**EXERCISE:**
The answer must be the full set of records, repeated exactly.

━━━━━━━━━━━━━━━━━━━━

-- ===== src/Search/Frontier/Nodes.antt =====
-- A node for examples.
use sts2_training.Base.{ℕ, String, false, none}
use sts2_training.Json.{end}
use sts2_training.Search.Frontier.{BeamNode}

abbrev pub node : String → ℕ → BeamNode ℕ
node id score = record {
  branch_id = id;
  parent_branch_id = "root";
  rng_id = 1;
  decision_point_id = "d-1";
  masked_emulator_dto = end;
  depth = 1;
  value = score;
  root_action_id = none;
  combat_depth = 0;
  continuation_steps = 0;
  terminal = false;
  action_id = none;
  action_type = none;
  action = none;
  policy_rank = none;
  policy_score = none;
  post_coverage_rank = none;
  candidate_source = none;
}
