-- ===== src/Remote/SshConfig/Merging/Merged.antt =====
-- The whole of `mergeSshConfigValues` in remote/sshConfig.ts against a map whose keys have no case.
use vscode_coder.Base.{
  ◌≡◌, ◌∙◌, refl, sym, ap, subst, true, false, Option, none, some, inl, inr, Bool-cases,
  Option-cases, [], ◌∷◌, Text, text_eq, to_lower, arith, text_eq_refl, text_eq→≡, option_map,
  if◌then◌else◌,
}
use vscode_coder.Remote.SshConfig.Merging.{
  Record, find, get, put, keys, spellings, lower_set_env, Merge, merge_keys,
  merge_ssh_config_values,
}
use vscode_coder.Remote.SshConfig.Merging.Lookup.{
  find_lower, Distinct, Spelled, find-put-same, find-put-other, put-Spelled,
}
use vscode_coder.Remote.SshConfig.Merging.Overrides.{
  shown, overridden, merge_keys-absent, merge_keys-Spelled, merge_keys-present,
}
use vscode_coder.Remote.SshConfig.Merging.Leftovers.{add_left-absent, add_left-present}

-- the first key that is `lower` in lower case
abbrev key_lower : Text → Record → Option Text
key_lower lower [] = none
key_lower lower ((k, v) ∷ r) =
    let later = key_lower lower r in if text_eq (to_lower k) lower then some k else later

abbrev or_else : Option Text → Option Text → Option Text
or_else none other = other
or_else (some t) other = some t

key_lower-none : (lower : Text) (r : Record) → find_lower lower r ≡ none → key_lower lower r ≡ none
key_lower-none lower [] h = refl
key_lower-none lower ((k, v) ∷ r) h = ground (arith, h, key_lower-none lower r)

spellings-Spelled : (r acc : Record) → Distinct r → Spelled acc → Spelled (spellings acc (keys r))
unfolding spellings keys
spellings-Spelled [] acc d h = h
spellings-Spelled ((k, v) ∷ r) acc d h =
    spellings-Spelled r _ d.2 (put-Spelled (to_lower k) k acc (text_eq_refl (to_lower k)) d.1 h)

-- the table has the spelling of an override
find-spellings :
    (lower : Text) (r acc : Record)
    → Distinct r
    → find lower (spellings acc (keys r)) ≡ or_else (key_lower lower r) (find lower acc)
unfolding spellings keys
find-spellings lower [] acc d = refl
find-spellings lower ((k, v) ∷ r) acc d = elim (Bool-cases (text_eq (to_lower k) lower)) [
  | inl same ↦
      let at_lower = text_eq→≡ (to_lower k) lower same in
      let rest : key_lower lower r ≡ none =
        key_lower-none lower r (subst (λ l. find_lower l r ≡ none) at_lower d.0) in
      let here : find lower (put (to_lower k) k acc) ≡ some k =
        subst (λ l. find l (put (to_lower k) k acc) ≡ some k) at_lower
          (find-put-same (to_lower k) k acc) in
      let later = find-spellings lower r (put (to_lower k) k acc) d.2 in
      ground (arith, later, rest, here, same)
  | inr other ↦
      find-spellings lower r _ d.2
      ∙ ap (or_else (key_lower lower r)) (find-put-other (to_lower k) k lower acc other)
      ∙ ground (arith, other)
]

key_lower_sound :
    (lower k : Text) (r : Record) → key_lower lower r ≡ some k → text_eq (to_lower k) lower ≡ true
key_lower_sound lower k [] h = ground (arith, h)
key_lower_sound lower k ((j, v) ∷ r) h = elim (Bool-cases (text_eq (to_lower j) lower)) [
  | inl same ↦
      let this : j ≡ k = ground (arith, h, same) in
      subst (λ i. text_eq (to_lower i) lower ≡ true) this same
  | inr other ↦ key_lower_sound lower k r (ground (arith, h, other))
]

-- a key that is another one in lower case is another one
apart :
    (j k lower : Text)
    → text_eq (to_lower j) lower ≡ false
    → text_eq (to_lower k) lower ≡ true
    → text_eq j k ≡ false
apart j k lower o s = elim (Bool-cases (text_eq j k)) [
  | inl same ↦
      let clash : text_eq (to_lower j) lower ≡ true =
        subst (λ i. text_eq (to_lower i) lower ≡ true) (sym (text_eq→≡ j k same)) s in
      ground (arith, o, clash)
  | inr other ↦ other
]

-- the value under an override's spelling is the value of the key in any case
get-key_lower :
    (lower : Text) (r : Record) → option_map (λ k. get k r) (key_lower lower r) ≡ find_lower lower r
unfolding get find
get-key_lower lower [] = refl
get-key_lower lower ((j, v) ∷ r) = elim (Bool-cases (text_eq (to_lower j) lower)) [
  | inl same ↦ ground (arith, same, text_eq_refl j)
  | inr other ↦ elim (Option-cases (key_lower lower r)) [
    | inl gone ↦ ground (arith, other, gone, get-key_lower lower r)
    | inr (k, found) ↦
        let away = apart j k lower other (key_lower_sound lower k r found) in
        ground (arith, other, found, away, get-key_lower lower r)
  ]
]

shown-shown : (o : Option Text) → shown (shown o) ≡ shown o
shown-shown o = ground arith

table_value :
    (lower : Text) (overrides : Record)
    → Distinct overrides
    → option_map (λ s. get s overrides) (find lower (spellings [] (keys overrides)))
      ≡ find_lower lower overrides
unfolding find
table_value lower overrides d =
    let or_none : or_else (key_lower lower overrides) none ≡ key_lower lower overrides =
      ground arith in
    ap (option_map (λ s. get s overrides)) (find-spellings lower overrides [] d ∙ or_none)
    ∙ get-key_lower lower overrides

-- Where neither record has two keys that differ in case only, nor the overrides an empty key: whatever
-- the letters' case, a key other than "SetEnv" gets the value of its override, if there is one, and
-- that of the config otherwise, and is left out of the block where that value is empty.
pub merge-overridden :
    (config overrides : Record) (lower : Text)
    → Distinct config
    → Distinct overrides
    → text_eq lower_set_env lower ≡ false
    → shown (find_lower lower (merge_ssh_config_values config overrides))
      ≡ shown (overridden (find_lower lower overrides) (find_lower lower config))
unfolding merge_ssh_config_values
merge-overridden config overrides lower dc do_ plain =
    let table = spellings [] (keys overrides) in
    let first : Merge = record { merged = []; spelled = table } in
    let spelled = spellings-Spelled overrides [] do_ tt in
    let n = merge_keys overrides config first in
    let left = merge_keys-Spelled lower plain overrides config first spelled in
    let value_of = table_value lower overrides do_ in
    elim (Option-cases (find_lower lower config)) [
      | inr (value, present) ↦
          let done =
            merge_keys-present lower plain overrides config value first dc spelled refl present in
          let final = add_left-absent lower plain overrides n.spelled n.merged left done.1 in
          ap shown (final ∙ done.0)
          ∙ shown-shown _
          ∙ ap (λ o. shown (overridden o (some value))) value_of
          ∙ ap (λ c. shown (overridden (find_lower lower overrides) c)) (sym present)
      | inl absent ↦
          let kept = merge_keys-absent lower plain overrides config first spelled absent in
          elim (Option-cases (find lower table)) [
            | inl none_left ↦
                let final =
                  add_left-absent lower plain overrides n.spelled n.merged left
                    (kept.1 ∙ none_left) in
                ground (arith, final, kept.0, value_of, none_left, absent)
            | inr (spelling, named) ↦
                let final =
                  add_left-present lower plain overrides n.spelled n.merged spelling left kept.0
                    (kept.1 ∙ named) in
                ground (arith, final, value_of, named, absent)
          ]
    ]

━━━━━━━━━━━━━━━━━━━━

**WRITTEN SOLUTION:**
-- ===== src/Search/Frontier/Nodes.antt =====
-- A node for examples.
use sts2_training.Base.{ℕ, String, false, none}
use sts2_training.Json.{end}
use sts2_training.Search.Frontier.{BeamNode}

abbrev pub node : String → ℕ → BeamNode ℕ
node id score = record {
  branch_id = id;
  parent_branch_id = "root";
  rng_id = 1;
  decision_point_id = "d-1";
  masked_emulator_dto = end;
  depth = 1;
  value = score;
  root_action_id = none;
  combat_depth = 0;
  continuation_steps = 0;
  terminal = false;
  action_id = none;
  action_type = none;
  action = none;
  policy_rank = none;
  policy_score = none;
  post_coverage_rank = none;
  candidate_source = none;
}
-- ===== src/Remote/SshConfig/Merging/Merged.antt =====
-- The whole of `mergeSshConfigValues` in remote/sshConfig.ts against a map whose keys have no case.
use vscode_coder.Base.{
  ◌≡◌, ◌∙◌, refl, sym, ap, subst, true, false, Option, none, some, inl, inr, Bool-cases,
  Option-cases, [], ◌∷◌, Text, text_eq, to_lower, arith, text_eq_refl, text_eq→≡, option_map,
  if◌then◌else◌,
}
use vscode_coder.Remote.SshConfig.Merging.{
  Record, find, get, put, keys, spellings, lower_set_env, Merge, merge_keys,
  merge_ssh_config_values,
}
use vscode_coder.Remote.SshConfig.Merging.Lookup.{
  find_lower, Distinct, Spelled, find-put-same, find-put-other, put-Spelled,
}
use vscode_coder.Remote.SshConfig.Merging.Overrides.{
  shown, overridden, merge_keys-absent, merge_keys-Spelled, merge_keys-present,
}
use vscode_coder.Remote.SshConfig.Merging.Leftovers.{add_left-absent, add_left-present}

-- the first key that is `lower` in lower case
abbrev key_lower : Text → Record → Option Text
key_lower lower [] = none
key_lower lower ((k, v) ∷ r) =
    let later = key_lower lower r in if text_eq (to_lower k) lower then some k else later

abbrev or_else : Option Text → Option Text → Option Text
or_else none other = other
or_else (some t) other = some t

key_lower-none : (lower : Text) (r : Record) → find_lower lower r ≡ none → key_lower lower r ≡ none
key_lower-none lower [] h = refl
key_lower-none lower ((k, v) ∷ r) h = ground (arith, h, key_lower-none lower r)

spellings-Spelled : (r acc : Record) → Distinct r → Spelled acc → Spelled (spellings acc (keys r))
unfolding spellings keys
spellings-Spelled [] acc d h = h
spellings-Spelled ((k, v) ∷ r) acc d h =
    spellings-Spelled r _ d.2 (put-Spelled (to_lower k) k acc (text_eq_refl (to_lower k)) d.1 h)

-- the table has the spelling of an override
find-spellings :
    (lower : Text) (r acc : Record)
    → Distinct r
    → find lower (spellings acc (keys r)) ≡ or_else (key_lower lower r) (find lower acc)
unfolding spellings keys
find-spellings lower [] acc d = refl
find-spellings lower ((k, v) ∷ r) acc d = elim (Bool-cases (text_eq (to_lower k) lower)) [
  | inl same ↦
      let at_lower = text_eq→≡ (to_lower k) lower same in
      let rest : key_lower lower r ≡ none =
        key_lower-none lower r (subst (λ l. find_lower l r ≡ none) at_lower d.0) in
      let here : find lower (put (to_lower k) k acc) ≡ some k =
        subst (λ l. find l (put (to_lower k) k acc) ≡ some k) at_lower
          (find-put-same (to_lower k) k acc) in
      let later = find-spellings lower r (put (to_lower k) k acc) d.2 in
      ground (arith, later, rest, here, same)
  | inr other ↦
      find-spellings lower r _ d.2
      ∙ ap (or_else (key_lower lower r)) (find-put-other (to_lower k) k lower acc other)
      ∙ ground (arith, other)
]

key_lower_sound :
    (lower k : Text) (r : Record) → key_lower lower r ≡ some k → text_eq (to_lower k) lower ≡ true
key_lower_sound lower k [] h = ground (arith, h)
key_lower_sound lower k ((j, v) ∷ r) h = elim (Bool-cases (text_eq (to_lower j) lower)) [
  | inl same ↦
      let this : j ≡ k = ground (arith, h, same) in
      subst (λ i. text_eq (to_lower i) lower ≡ true) this same
  | inr other ↦ key_lower_sound lower k r (ground (arith, h, other))
]

-- a key that is another one in lower case is another one
apart :
    (j k lower : Text)
    → text_eq (to_lower j) lower ≡ false
    → text_eq (to_lower k) lower ≡ true
    → text_eq j k ≡ false
apart j k lower o s = elim (Bool-cases (text_eq j k)) [
  | inl same ↦
      let clash : text_eq (to_lower j) lower ≡ true =
        subst (λ i. text_eq (to_lower i) lower ≡ true) (sym (text_eq→≡ j k same)) s in
      ground (arith, o, clash)
  | inr other ↦ other
]

-- the value under an override's spelling is the value of the key in any case
get-key_lower :
    (lower : Text) (r : Record) → option_map (λ k. get k r) (key_lower lower r) ≡ find_lower lower r
unfolding get find
get-key_lower lower [] = refl
get-key_lower lower ((j, v) ∷ r) = elim (Bool-cases (text_eq (to_lower j) lower)) [
  | inl same ↦ ground (arith, same, text_eq_refl j)
  | inr other ↦ elim (Option-cases (key_lower lower r)) [
    | inl gone ↦ ground (arith, other, gone, get-key_lower lower r)
    | inr (k, found) ↦
        let away = apart j k lower other (key_lower_sound lower k r found) in
        ground (arith, other, found, away, get-key_lower lower r)
  ]
]

shown-shown : (o : Option Text) → shown (shown o) ≡ shown o
shown-shown o = ground arith

table_value :
    (lower : Text) (overrides : Record)
    → Distinct overrides
    → option_map (λ s. get s overrides) (find lower (spellings [] (keys overrides)))
      ≡ find_lower lower overrides
unfolding find
table_value lower overrides d =
    let or_none : or_else (key_lower lower overrides) none ≡ key_lower lower overrides =
      ground arith in
    ap (option_map (λ s. get s overrides)) (find-spellings lower overrides [] d ∙ or_none)
    ∙ get-key_lower lower overrides

-- Where neither record has two keys that differ in case only, nor the overrides an empty key: whatever
-- the letters' case, a key other than "SetEnv" gets the value of its override, if there is one, and
-- that of the config otherwise, and is left out of the block where that value is empty.
pub merge-overridden :
    (config overrides : Record) (lower : Text)
    → Distinct config
    → Distinct overrides
    → text_eq lower_set_env lower ≡ false
    → shown (find_lower lower (merge_ssh_config_values config overrides))
      ≡ shown (overridden (find_lower lower overrides) (find_lower lower config))
unfolding merge_ssh_config_values
merge-overridden config overrides lower dc do_ plain =
    let table = spellings [] (keys overrides) in
    let first : Merge = record { merged = []; spelled = table } in
    let spelled = spellings-Spelled overrides [] do_ tt in
    let n = merge_keys overrides config first in
    let left = merge_keys-Spelled lower plain overrides config first spelled in
    let value_of = table_value lower overrides do_ in
    elim (Option-cases (find_lower lower config)) [
      | inr (value, present) ↦
          let done =
            merge_keys-present lower plain overrides config value first dc spelled refl present in
          let final = add_left-absent lower plain overrides n.spelled n.merged left done.1 in
          ap shown (final ∙ done.0)
          ∙ shown-shown _
          ∙ ap (λ o. shown (overridden o (some value))) value_of
          ∙ ap (λ c. shown (overridden (find_lower lower overrides) c)) (sym present)
      | inl absent ↦
          let kept = merge_keys-absent lower plain overrides config first spelled absent in
          elim (Option-cases (find lower table)) [
            | inl none_left ↦
                let final =
                  add_left-absent lower plain overrides n.spelled n.merged left
                    (kept.1 ∙ none_left) in
                ground (arith, final, kept.0, value_of, none_left, absent)
            | inr (spelling, named) ↦
                let final =
                  add_left-present lower plain overrides n.spelled n.merged spelling left kept.0
                    (kept.1 ∙ named) in
                ground (arith, final, value_of, named, absent)
          ]
    ]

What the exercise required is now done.